Collected data entries
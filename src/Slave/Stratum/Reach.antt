-- ===== src/Slave/Stratum/Reach.antt =====
-- What the Stratum server of cmd/slave/stratum.go can come to: the connections that it lists, and
-- the counters of their IPs, where no new connection is listed while `sendJobs` takes out the dead
-- ones (Slave/Stratum/Race has that case).
use xelis_pool.Common.{
  ℕ, ◌+◌, ◌≤◌, ◌≡◌, ◌∙◌, refl, ap, sym, Bool, Option, List, [], ◌∷◌, ◌++◌, map, arith, Bool-cases,
  Option-cases, inl, inr,
}
use xelis_pool.Common.Options.{◌>>=◌}
use xelis_pool.Common.Bytes.{Bytes}
use xelis_pool.Common.Assoc.{lookup_or}
use xelis_pool.RateLimit.{
  Conns, Limiter, conns_of, can_do_action, disconnect, max_connections_per_ip,
}
use xelis_pool.RateLimit.Connections.{IsBounded, can_connect-IsBounded, disconnect-IsBounded}
use xelis_pool.Slave.Packet.{Decoder, MemJob, JobToSend}
use xelis_pool.Slave.Sweep.{sweep, listed, Counted, admit, sweep_lem, admit_lem, listed-replaced}
use xelis_pool.Slave.Stratum.{
  RequestIn, Message, authorized, Json, StratumConn, send_stratum, resend, answered, on_block,
  on_submit, authorize, on_authorize, on_subscribe, on_request, handle_stratum,
}
use xelis_pool.Slave.Stratum.Server.{Served, ip_of, is_alive, accept, send_all, send_jobs}
use xelis_pool.Master.Float.{Float}

module _ (float : Float) (json : Json) (decoder : Decoder) (is_valid : Bytes → Bool)
    (pool_nonce : Bytes) (min_difficulty initial_difficulty : ℕ) where
  open float use {F}

  abbrev pub served : List (StratumConn float) → Conns → Served float
  served cs m = record { conns = cs; open_conns = m }

  -- The conns behind a job, without the messages.
  abbrev pub sent_to : Conns × List (StratumConn float × List Message) → Served float
  sent_to r = served (map (λ x. x.0) r.1) r.0

  -- A connection arrives, a job of the daemon is sent, or a connection handles a line.
  pub data Step : Served float → Served float → Type 0 where
    arrives :
        (now : ℕ) (c : StratumConn float) (l : Limiter) (s : Served float)
        → Step s (accept float now c l s).1
    sends :
        (diff : ℕ) (blob : Bytes) (job_ids : ℕ → Bytes) (seconds : ℕ → F) (s : Served float)
        → Step s (sent_to (send_jobs float min_difficulty pool_nonce diff blob job_ids seconds s))
    handles :
        (last : MemJob) (now now_ms : ℕ) (late : JobToSend) (seconds : F) (job_id : Bytes)
        (read : Option Bytes) (written : Bool) (l : Limiter)
        (before behind : List (StratumConn float)) (c : StratumConn float) (m : Conns)
        → Step (served (before ++ (c ∷ behind)) m) (
            served
              (before
                ++ ((handle_stratum float json decoder is_valid pool_nonce min_difficulty
                      initial_difficulty last now now_ms late seconds job_id read written l c).conn
                    ∷ behind))
              m)

  pub data Reach (s : Served float) : Served float → Type 0 where
    here : Reach s s
    next : {t u : Served float} → Reach s t → Step t u → Reach s u

  -- The counter of every IP is the number of its connections, those of other servers included, and
  -- within the limit.
  pub record IsCounted (others : Bytes → ℕ) (s : Served float) : Type 0 where
    pub counted : Counted (ip_of float) (is_alive float) others s.conns s.open_conns
    pub bounded : IsBounded s.open_conns

  module _ (last : MemJob) (now now_ms : ℕ) (late : JobToSend) (seconds : F) (job_id : Bytes) where
    send_stratum_ip :
        (block_diff : ℕ) (blob : Bytes) (c : StratumConn float)
        → (send_stratum float min_difficulty seconds job_id pool_nonce block_diff blob c).0.ip
          ≡ c.ip
    unfolding send_stratum
    send_stratum_ip block_diff blob c = refl

    on_submit_ip :
        (id : ℕ) (params : Bytes) (l : Limiter) (c : StratumConn float)
        → (on_submit float json decoder is_valid pool_nonce min_difficulty initial_difficulty last
            now now_ms late seconds job_id id params l c).conn.ip
          ≡ c.ip
    unfolding on_submit on_block answered resend send_stratum
    on_submit_ip id params l c = ground arith

    on_authorize_ip :
        (id : ℕ) (params : Bytes) (written : Bool) (l : Limiter) (c : StratumConn float)
        → (on_authorize float json decoder is_valid pool_nonce min_difficulty initial_difficulty
            last seconds job_id id params written l c).conn.ip
          ≡ c.ip
    unfolding on_authorize authorize authorized send_stratum
    on_authorize_ip id params written l c = ground arith

    on_request_ip :
        (req : RequestIn) (written : Bool) (l : Limiter) (c : StratumConn float)
        → (on_request float json decoder is_valid pool_nonce min_difficulty initial_difficulty last
            now now_ms late seconds job_id req written l c).conn.ip
          ≡ c.ip
    unfolding on_request on_subscribe
    on_request_ip req written l c =
        ground
          (arith, on_submit_ip req.id req.params l c, on_authorize_ip req.id req.params written l c)

    -- A connection keeps its address.
    handle_stratum_ip :
        (read : Option Bytes) (written : Bool) (l : Limiter) (c : StratumConn float)
        → (handle_stratum float json decoder is_valid pool_nonce min_difficulty initial_difficulty
            last now now_ms late seconds job_id read written l c).conn.ip
          ≡ c.ip
    unfolding handle_stratum
    handle_stratum_ip read written l c = elim (Option-cases (read >>= json.request)) [
      | inl failed_read ↦ ground (arith, failed_read)
      | inr (req, parsed) ↦ ground (arith, parsed, on_request_ip req written l c)
    ]

  sweep-IsBounded :
      (cs : List (StratumConn float)) (m : Conns)
      → IsBounded m
      → IsBounded (sweep (ip_of float) (is_alive float) cs m).1
  unfolding sweep
  sweep-IsBounded [] m h = h
  sweep-IsBounded (c ∷ cs) m h = elim (Bool-cases c.alive) [
    | inl live ↦ rw (live, sweep) (sweep-IsBounded cs m h)
    | inr dead ↦
        rw (dead, sweep) (sweep-IsBounded cs (disconnect c.ip m) (disconnect-IsBounded c.ip m h))
  ]

  listed-send_all :
      (diff : ℕ) (blob : Bytes) (job_ids : ℕ → Bytes) (seconds : ℕ → F) (n : ℕ) (ip : Bytes)
      (cs : List (StratumConn float))
      → listed
          (ip_of float)
          (is_alive float)
          ip
          (map (λ x. x.0) (send_all float min_difficulty pool_nonce diff blob job_ids seconds n cs))
        ≡ listed (ip_of float) (is_alive float) ip cs
  unfolding listed send_all send_stratum
  listed-send_all diff blob job_ids seconds n ip [] = refl
  listed-send_all diff blob job_ids seconds n ip (c ∷ cs) =
      ground (arith, listed-send_all diff blob job_ids seconds (n + 1) ip cs)

  admit-IsBounded :
      (c : StratumConn float) (cs : List (StratumConn float)) (m : Conns)
      → IsBounded m
      → IsBounded (admit (ip_of float) (is_alive float) c cs m).1
  unfolding admit
  admit-IsBounded c cs m h ip = ground (arith, h ip, can_connect-IsBounded c.ip m h ip)

  accept-IsCounted :
      (others : Bytes → ℕ) (now : ℕ) (c : StratumConn float) (l : Limiter) (s : Served float)
      → IsCounted others s
      → IsCounted others (accept float now c l s).1
  unfolding accept
  accept-IsCounted others now c l s h = elim (Bool-cases (can_do_action c.ip 10 now l).1) [
    | inl allowed ↦
        rw (allowed, accept)
          (record {
            counted =
                admit_lem (ip_of float) (is_alive float) others c s.conns s.open_conns h.counted;
            bounded = admit-IsBounded c s.conns s.open_conns h.bounded;
          })
    | inr refused ↦ rw (refused, accept) h
  ]

  send_jobs-IsCounted :
      (others : Bytes → ℕ) (diff : ℕ) (blob : Bytes) (job_ids : ℕ → Bytes) (seconds : ℕ → F)
      (s : Served float)
      → IsCounted others s
      → IsCounted others
          (sent_to (send_jobs float min_difficulty pool_nonce diff blob job_ids seconds s))
  unfolding send_jobs
  send_jobs-IsCounted others diff blob job_ids seconds s h =
      let swept = sweep (ip_of float) (is_alive float) s.conns s.open_conns in
      record {
        counted = λ ip.
            (sweep_lem (ip_of float) (is_alive float) others s.conns s.open_conns h.counted).1 ip
            ∙ ap (λ n. others ip + n)
                (sym (listed-send_all diff blob job_ids seconds 0 ip swept.0));
        bounded = sweep-IsBounded s.conns s.open_conns h.bounded;
      }

  empty-IsCounted : IsCounted (λ ip. 0) (served [] [])
  unfolding listed lookup_or
  empty-IsCounted = record { counted = λ ip. omega arith; bounded = λ ip. omega arith }

  pub Step-IsCounted :
      (others : Bytes → ℕ) {s t : Served float} → Step s t → IsCounted others s → IsCounted others t
  Step-IsCounted others (arrives now c l s) h = accept-IsCounted others now c l s h
  Step-IsCounted others (sends diff blob job_ids seconds s) h =
      send_jobs-IsCounted others diff blob job_ids seconds s h
  Step-IsCounted others
        (handles last now now_ms late seconds job_id read written l before behind c m) h =
      record {
        counted = λ ip.
            h.counted ip
            ∙ ap (λ n. others ip + n)
                (sym (
                  listed-replaced (ip_of float) (is_alive float) ip before behind c _
                    (handle_stratum_ip last now now_ms late seconds job_id read written l c)));
        bounded = h.bounded;
      }

  Reach-IsCounted :
      (others : Bytes → ℕ) {s t : Served float}
      → IsCounted others s
      → Reach s t
      → IsCounted others t
  Reach-IsCounted others h here = h
  Reach-IsCounted others h (next r st) = Step-IsCounted others st (Reach-IsCounted others h r)

  -- In every state that the Stratum server reaches from no connections by whole steps, whatever
  -- connections arrive, lines they send and jobs the daemon sends, and where no other server uses
  -- the counters, the counter of every IP is the number of its connections in the list, and that is at
  -- most MAX_CONNECTIONS_PER_IP + 1.
  pub reached_counts :
      (s : Served float)
      → Reach (served [] []) s
      → (ip : Bytes)
      → (conns_of ip s.open_conns ≡ listed (ip_of float) (is_alive float) ip s.conns)
        × (listed (ip_of float) (is_alive float) ip s.conns ≤ max_connections_per_ip + 1)
  reached_counts s r ip =
      let h = Reach-IsCounted (λ ip. 0) empty-IsCounted r in
      (omega (arith, h.counted ip), omega (arith, h.counted ip, h.bounded ip))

**Your objective:** For every line above that holds the string "handles", add one to a count; give that count alone.

**Exercise response:** 3